Wednesday, November 3, 2010

A XMAS present: for myself and my sisters!

This blog is the first of a weekly progress report on a project I started this week and need to have complete for XMAS. I call it a "present" for myself too, because I usually have to subordinate the projects I'd really like to work on to those that I "need" to do for the store.

So giving myself the time to work on this...when it won't yield new store models and won't result in a new workshop for the class or even help sell fiber that I a holiday treat to myself!

So why this project? Well, as some of you may know, my 4 sisters and I (actually, I have 3 sisters and the fourth I'm referring to is a sister-in-law) are heading to Gottland, Estonia and St. Petersburg for 2.5 weeks next May. We did a similar trip years ago to England, Scotland and Ireland and had a blast.

Anyway, in anticipation for our trip we're all reading Swedish, Russian and Estonian authors to acquaint ourselves with their history and culture, renting films from Netflix that are by Swedish and Russian directors (if you aren't familiar with Swedish films, they are rather dark and need to be taken in small doses!) and boning up on their cuisine (this may be my chance to lose some of the pounds I've put on this past year!).

Since we're diving into their literature, film, history and cuisine, I thought it also only appropriate to acquaint myself with their wool a little more closely than I have to date. So I purchased a small American Gottland fleece (more about this next time) at the Maryland Sheep & Wool festival this past May and I have part of an Australian Gottland fleece (again, more about the hole Gottland fleece issues next week) that my sister Roby gave me for another project I have going (I have a going-on-three-year-now project of felting either a hat or bag from every breed of sheep I can get my hands on).

So while I was ruminating on the idea of working with these two Gottland fleeces, it so happened that I discovered a little and old mitten book on my bookshelf that...lo' and traditional patterns from Gottland! So it seemed destined that these fleeces become mittens and so here began the journey of deciding to wash, dye, comb, spin, and knit mittens for each of my sisters for XMAS! Oh, and in case you think this blog may blow the surprise for chance of it....they are even less inclined to go surfing the web or looking at blogs than the man on the moon!

So...this week I washed the fleeces. I HATE washing fleece. And to boot, I was out of my Kookaburra Wool Scour, which I love. So I ran to Guys Farm and Yard to buy some Orvus. This is used by people to wash their sheep for 4H while the fleece is still on the animal. I've used it in the past for fleeces and it works well...I just switched to Kookaburra because I love the measuring system and it does an equally great job and has tea tree and eucalyptus oils to prevent moths and dust mites. But in a pinch, the Orvus would be great. BUT, I suffered from sticker shock when I discovered it now $40. So I decided to forgo the Orvus and make due with Dawn dish soap, which I know a lot of spinners use. I figured I could get by with that for this fleece and by the time I need to wash fleeces again, my Kookaburra would be back in stock.

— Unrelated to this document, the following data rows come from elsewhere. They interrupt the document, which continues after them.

-- ===== src/Document/Insertion.antt =====
-- InsertElement: a local insertion.
use mathlib.Core.Path.{subst}
use yata_collaborative_edito.Base.{
  ℕ, ◌≤◌, ◌≡◌, ◌∙◌, refl, sym, ap, none, some, List, ◌∷◌, ◌++◌, arith, length, insert_at,
  insert_at-append, pos, ◌+ℤ◌, lookup, lookup-insert_self, true, false, has, last_of, ok,
}
use yata_collaborative_edito.Identifier.{ElementId, id_Eq}
use yata_collaborative_edito.Protocol.Operations.{InsertOperation}
use yata_collaborative_edito.Document.{Ptr, Element, Document, returned}
use yata_collaborative_edito.Document.Update.{insert_element, insert_between, link_memory, register}
use yata_collaborative_edito.Document.Valid.{visible, nodes, IsValid, first_of, visible-append}
use yata_collaborative_edito.Document.Positions.{find_visible_position-Gap}
use yata_collaborative_edito.Document.Linking.{
  link-ok, placed, placed-IsValid, placed-visible, left_used, right_used, old_named,
  has-last_of-nodes, has-first_of-nodes,
}

-- The identifier that the next local insertion gets.
abbrev pub next_id : Document → ElementId
next_id d = record { client_id = d.client_id; clock = d.clock }

-- The clock is no part of the invariant.
clock-IsValid :
    {d : Document} {cs : List Ptr}
    → IsValid d cs
    → IsValid (record d { clock = d.clock +ℤ pos 1 }) cs
clock-IsValid v = record {
  linked = v.linked;
  distinct = v.distinct;
  in_use = v.in_use;
  room = v.room;
  end_live = v.end_live;
  counter = v.counter;
  start_named = v.start_named;
  end_named = v.end_named;
  registered = v.registered;
  known = v.known;
}

-- What a local insertion of `character` at position `i` leaves.
pub record Inserted (d : Document) (cs : List Ptr) (i character : ℕ) : Type 0 where
  pub after : Document
  pub before : List Ptr
  pub rest : List Ptr
  pub operation : InsertOperation
  pub runs : insert_element d (pos i) character ≡ ok (after, returned (next_id d))
  pub splits : cs ≡ before ++ rest
  pub valid : IsValid after (before ++ d.allocated ∷ rest)
  pub shows :
      visible after.memory (before ++ d.allocated ∷ rest)
      ≡ insert_at i character (visible d.memory cs)
  pub ticks : after.clock ≡ d.clock +ℤ pos 1
  pub logged : lookup (next_id d) after.insert_log ≡ some operation
  pub names : (operation.new_id ≡ next_id d) × (operation.content ≡ character)
  pub origin : operation.origin_id ≡ (d.memory (last_of d.start before)).element_id
  pub right : operation.right_id ≡ (d.memory (first_of rest d.end)).element_id

-- The new element of a local insertion, and the operation that is logged.
abbrev local_element : Document → (l r : Ptr) → ℕ → Element
local_element d l r character = record {
  element_id = next_id d;
  origin = l;
  left = l;
  right = r;
  is_deleted = false;
  content = character;
}

abbrev local_operation : Document → (l r : Ptr) → ℕ → InsertOperation
local_operation d l r character =
    let m = link_memory d.memory d.allocated (local_element d l r character) l r in
    record {
      new_id = next_id d;
      origin_id = (m l).element_id;
      right_id = (m r).element_id;
      content = character;
    }

abbrev ticked : Document → Document
ticked d = record d { clock = d.clock +ℤ pos 1 }

abbrev local_placed : Document → (l r : Ptr) → ℕ → Document
local_placed d l r character =
    placed (ticked d) (local_element d l r character) l r (local_operation d l r character)

module _ {d : Document} (xs zs : List Ptr) (v : IsValid d (xs ++ zs)) (character : ℕ) where
  insert_between-ok :
      insert_between d (last_of d.start xs) (first_of zs d.end) character
      ≡ ok (local_placed d (last_of d.start xs) (first_of zs d.end) character, returned (next_id d))
  unfolding insert_between
  insert_between-ok =
      let v' = clock-IsValid v in
      let el = local_element d (last_of d.start xs) (first_of zs d.end) character in
      ground (arith, link-ok xs zs v' el, left_used xs zs v', right_used xs zs v')

  insert_between-Inserted :
      lookup (next_id d) d.elements_by_id ≡ none
      → insert_element d (pos (length (visible d.memory xs))) character
        ≡ insert_between d (last_of d.start xs) (first_of zs d.end) character
      → Inserted d (xs ++ zs) (length (visible d.memory xs)) character
  unfolding register
  insert_between-Inserted fresh runs =
      let l = last_of d.start xs in
      let r = first_of zs d.end in
      let el = local_element d l r character in
      record {
        after = local_placed d l r character;
        before = xs;
        rest = zs;
        operation = local_operation d l r character;
        runs = runs ∙ insert_between-ok;
        splits = refl;
        valid = placed-IsValid xs zs v' el (local_operation d l r character) refl refl refl fresh;
        shows =
            placed-visible xs zs v' el (local_operation d l r character) refl refl refl fresh
            ∙ sym (insert_at-append character (visible d.memory xs) (visible d.memory zs))
            ∙ ap (insert_at (length (visible d.memory xs)) character)
                (sym (visible-append d.memory xs zs));
        ticks = refl;
        logged = lookup-insert_self (next_id d) (local_operation d l r character) d.insert_log;
        names = (refl, refl);
        origin = named l (has-last_of-nodes xs zs v');
        right = named r (has-first_of-nodes xs zs v');
      }
    where
      v' : IsValid (ticked d) (xs ++ zs)
      v' = clock-IsValid v

      named :
          (q : Ptr)
          → has q (nodes d (xs ++ zs)) ≡ true
          → (link_memory d.memory d.allocated
              (local_element d (last_of d.start xs) (first_of zs d.end) character)
              (last_of d.start xs)
              (first_of zs d.end)
              q).element_id
            ≡ (d.memory q).element_id
      named =
          old_named xs zs v' (local_element d (last_of d.start xs) (first_of zs d.end) character)
            (local_operation d (last_of d.start xs) (first_of zs d.end) character) refl refl refl
            fresh

-- On a valid document whose next identifier is unused, `InsertElement` at an index from 0 to the
-- number of visible elements returns that identifier, leaves a valid document that shows the old
-- contents with the character inserted at the index, advances the clock and logs the operation.
pub insert_element-Inserted :
    {d : Document} {cs : List Ptr} (i character : ℕ)
    → IsValid d cs
    → lookup (next_id d) d.elements_by_id ≡ none
    → i ≤ length (visible d.memory cs)
    → Inserted d cs i character
unfolding insert_element
insert_element-Inserted {d} {cs} i character v fresh h =
    let (g, run) = find_visible_position-Gap v i h in
    let count : length (visible d.memory g.before) ≡ i = omega (arith, g.count) in
    subst (λ ns. Inserted d ns i character) (sym g.joined)
      (subst (λ n. Inserted d (g.before ++ g.after) n character) (count)
        (insert_between-Inserted g.before g.after (subst (IsValid d) g.joined v) character fresh
          (ap (λ n. insert_element d (pos n) character) count ∙ rw run)))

So I got my water really really hot, put the fleece in garment bags (which I do to minimize handling of the loose fibers so I'm less likely to felt the wool), added the Dawn and washed away. Not once, not twice, but three washes and then a couple of rinses before I spun it in my washer to help it dry quickly.

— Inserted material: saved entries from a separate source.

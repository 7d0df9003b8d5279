-- ===== src/Examples.antt =====
-- The theorems of the development at concrete inputs.
mod Codec
mod Buckets
mod Deltas
mod Storage
mod Hydration
mod Logs
mod Catalog
mod Serving
mod Documents
mod Messages
mod Sync
mod Remote
mod Relay
mod Client
mod Answers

I have to say that I didn't really like the Dawn....Kookaburra would have done a better job with just 1 wash ! But the Dawn got enough of the grease and dirt out for me to declare it "enough" washed and move on....since I'm going to comb, not card this fleece and will wash the yarn again before knitting, I thought it was sufficiently clean. OK, so I'm justifying not having to wash it YET AGAIN (did I mention I hate washing fleece?!)

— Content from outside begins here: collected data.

-- ===== src/Examples/Codec.antt =====
-- A concrete codec for the messages, which has the laws that the round trips ask of encoding/json:
-- each text stands behind its length, each integer behind its sign.
use yata_collaborative_edito.Base.{
  ℕ, zero, suc, ◌≡◌, refl, false, Option, none, some, [], ◌∷◌, ◌++◌, ℤ, pos, negsuc, Text, is_empty,
  length,
}
use yata_collaborative_edito.Identifier.{ElementId}
use yata_collaborative_edito.Protocol.Messages.{Bytes, InsertOp, Json, Codec}
use yata_collaborative_edito.Sync.Laws.{Laws}

infixl 5 ◌>>=◌
abbrev pub ◌>>=◌ : {A B : Type 0} → Option A → (A → Option B) → Option B
none >>= f = none
some a >>= f = f a

unfoldable pub take : ℕ → Bytes → Option (Text × Bytes)
take zero b = some ([], b)
take (suc n) [] = none
take (suc n) (c ∷ b) = do (t, rest) ← take n b; some (c ∷ t, rest)

unfoldable pub put_text : Text → Bytes → Bytes
put_text t b = length t ∷ (t ++ b)

unfoldable pub take_text : Bytes → Option (Text × Bytes)
take_text [] = none
take_text (n ∷ b) = take n b

take-append : (t : Text) (b : Bytes) → take (length t) (t ++ b) ≡ some (t, b)
unfolding take
take-append [] b = refl
take-append (c ∷ t) b = rw (take-append t b)

take_text-put_text : (t : Text) (b : Bytes) → take_text (put_text t b) ≡ some (t, b)
unfolding take_text put_text
take_text-put_text t b = take-append t b

unfoldable pub put_int : ℤ → Bytes → Bytes
put_int (pos n) b = 0 ∷ n ∷ b
put_int (negsuc n) b = 1 ∷ n ∷ b

unfoldable pub take_int : Bytes → Option (ℤ × Bytes)
take_int [] = none
take_int (s ∷ []) = none
take_int (zero ∷ n ∷ b) = some (pos n, b)
take_int (suc s ∷ n ∷ b) = some (negsuc n, b)

take_int-put_int : (i : ℤ) (b : Bytes) → take_int (put_int i b) ≡ some (i, b)
unfolding take_int put_int
take_int-put_int (pos n) b = refl
take_int-put_int (negsuc n) b = refl

unfoldable pub put_id : ElementId → Bytes → Bytes
put_id id b = put_text id.client_id (put_int id.clock b)

unfoldable pub take_id : Bytes → Option (ElementId × Bytes)
take_id b = do
  (client, rest) ← take_text b
  (clock, rest') ← take_int rest
  some (record { client_id = client; clock = clock }, rest')

pub take_id-put_id : (id : ElementId) (b : Bytes) → take_id (put_id id b) ≡ some (id, b)
unfolding take_id put_id
take_id-put_id id b = simp (take_text-put_text, take_int-put_int)

-- A type that no round trip is about.
abbrev pub silent : {A : Type 0} → Codec A
silent = record { marshal = λ _. none; unmarshal = λ _. none }

abbrev pub plain : Json
plain = record {
  envelopes = record {
    marshal = λ a. some (put_int a.version (put_text a.message_type a.payload));
    unmarshal = λ b. (do
      (version, rest) ← take_int b
      (message_type, payload) ← take_text rest
      some (record { version = version; message_type = message_type; payload = payload }));
  };
  joins = record {
    marshal = λ a. some (put_text a.room_id (put_text a.client_id (put_text a.name [])));
    unmarshal = λ b. (do
      (room_id, b1) ← take_text b
      (client_id, b2) ← take_text b1
      (name, _) ← take_text b2
      some (record { room_id = room_id; client_id = client_id; name = name }));
  };
  join_acks = record {
    marshal = λ a. some (put_text a.room (put_text a.client_id []));
    unmarshal = λ b. (do
      (room, b1) ← take_text b
      (client_id, _) ← take_text b1
      some (record { room = room; client_id = client_id }));
  };
  errors = silent;
  updates = record {
    marshal = λ a. some a.operation;
    unmarshal = λ b. some (record { operation = b });
  };
  operations = record {
    marshal = λ a. none;
    unmarshal = λ b. (do (t, _) ← take_text b; some (record { type_name = t }));
  };
  inserts = record {
    marshal = λ a. some (
        put_text a.type_name
          (put_id a.new_id (put_id a.origin_id (put_id a.right_id (put_text a.character [])))));
    unmarshal = λ b. (do
      (t, b1) ← take_text b
      (new_id, b2) ← take_id b1
      (origin_id, b3) ← take_id b2
      (right_id, b4) ← take_id b3
      (character, _) ← take_text b4
      some (record {
        type_name = t;
        new_id = new_id;
        origin_id = origin_id;
        right_id = right_id;
        character = character;
      }));
  };
  deletes = record {
    marshal = λ a. some (put_text a.type_name (put_id a.target_id []));
    unmarshal = λ b. (do
      (t, b1) ← take_text b
      (target_id, _) ← take_id b1
      some (record { type_name = t; target_id = target_id }));
  };
  syncs1 = silent;
  syncs2 = silent;
  snapshots = silent;
  presences = silent;
}

put_text-filled : (t : Text) (b : Bytes) → is_empty (put_text t b) ≡ false
unfolding put_text
put_text-filled t b = refl

some-eq : (a b : Bytes) → some a ≡ some b → a ≡ b
some-eq a b e = cc

abbrev pub insert_bytes : InsertOp → Bytes
insert_bytes a =
    put_text a.type_name
      (put_id a.new_id (put_id a.origin_id (put_id a.right_id (put_text a.character []))))

pub plain-Laws : Laws plain
plain-Laws = record {
  compact = λ _. Unit {0};
  envelopes = λ a b c e. rw (← some-eq _ b e) (simp (take_int-put_int, take_text-put_text));
  updates = λ a b c e. (tt, rw (← some-eq _ b e));
  joins = λ a b e. (tt, rw (← some-eq _ b e) (simp take_text-put_text));
  join_acks = λ a b e. (tt, rw (← some-eq _ b e) (simp take_text-put_text));
  inserts = λ a b e. (
    tt,
    rw (← some-eq _ b e) (put_text-filled a.type_name _),
    rw (← some-eq _ b e) (simp (take_text-put_text, take_id-put_id)),
    rw (← some-eq _ b e) (simp take_text-put_text),
  );
  deletes = λ a b e. (
    tt,
    rw (← some-eq _ b e) (put_text-filled a.type_name _),
    rw (← some-eq _ b e) (simp (take_text-put_text, take_id-put_id)),
    rw (← some-eq _ b e) (simp take_text-put_text),
  );
}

Anyway, after drying I separated the light gray from the dark gray areas of the fleeces so I have 2 natural colors to work with (see left photo above) for patterning but decided I wanted more (I do have 4 pair of mittens to knit after all and I can't stand repeating myself!) colors for accents. So I pulled out the Greenershades organic them....and decided to blend up my favorite green, golden orange, and purple colors (see center photo above). I used some of the light gray portions of the fleece to dye, so the colors are much more muted than these colors would be on a white fleece, but show up more than they would have over the dark gray fleece sections.

I'm keeping the American and Australian fleeces separate since I want to see if I notice much difference in their qualities/characteristics when I comb and spin them up.

My plan for this weekend is to comb the washed fleeces...I'll let you know how that goes next week when I go into a little bit more about the difference in the Gottland fleeces.

If anyone wants to share their washing secrets, feel free!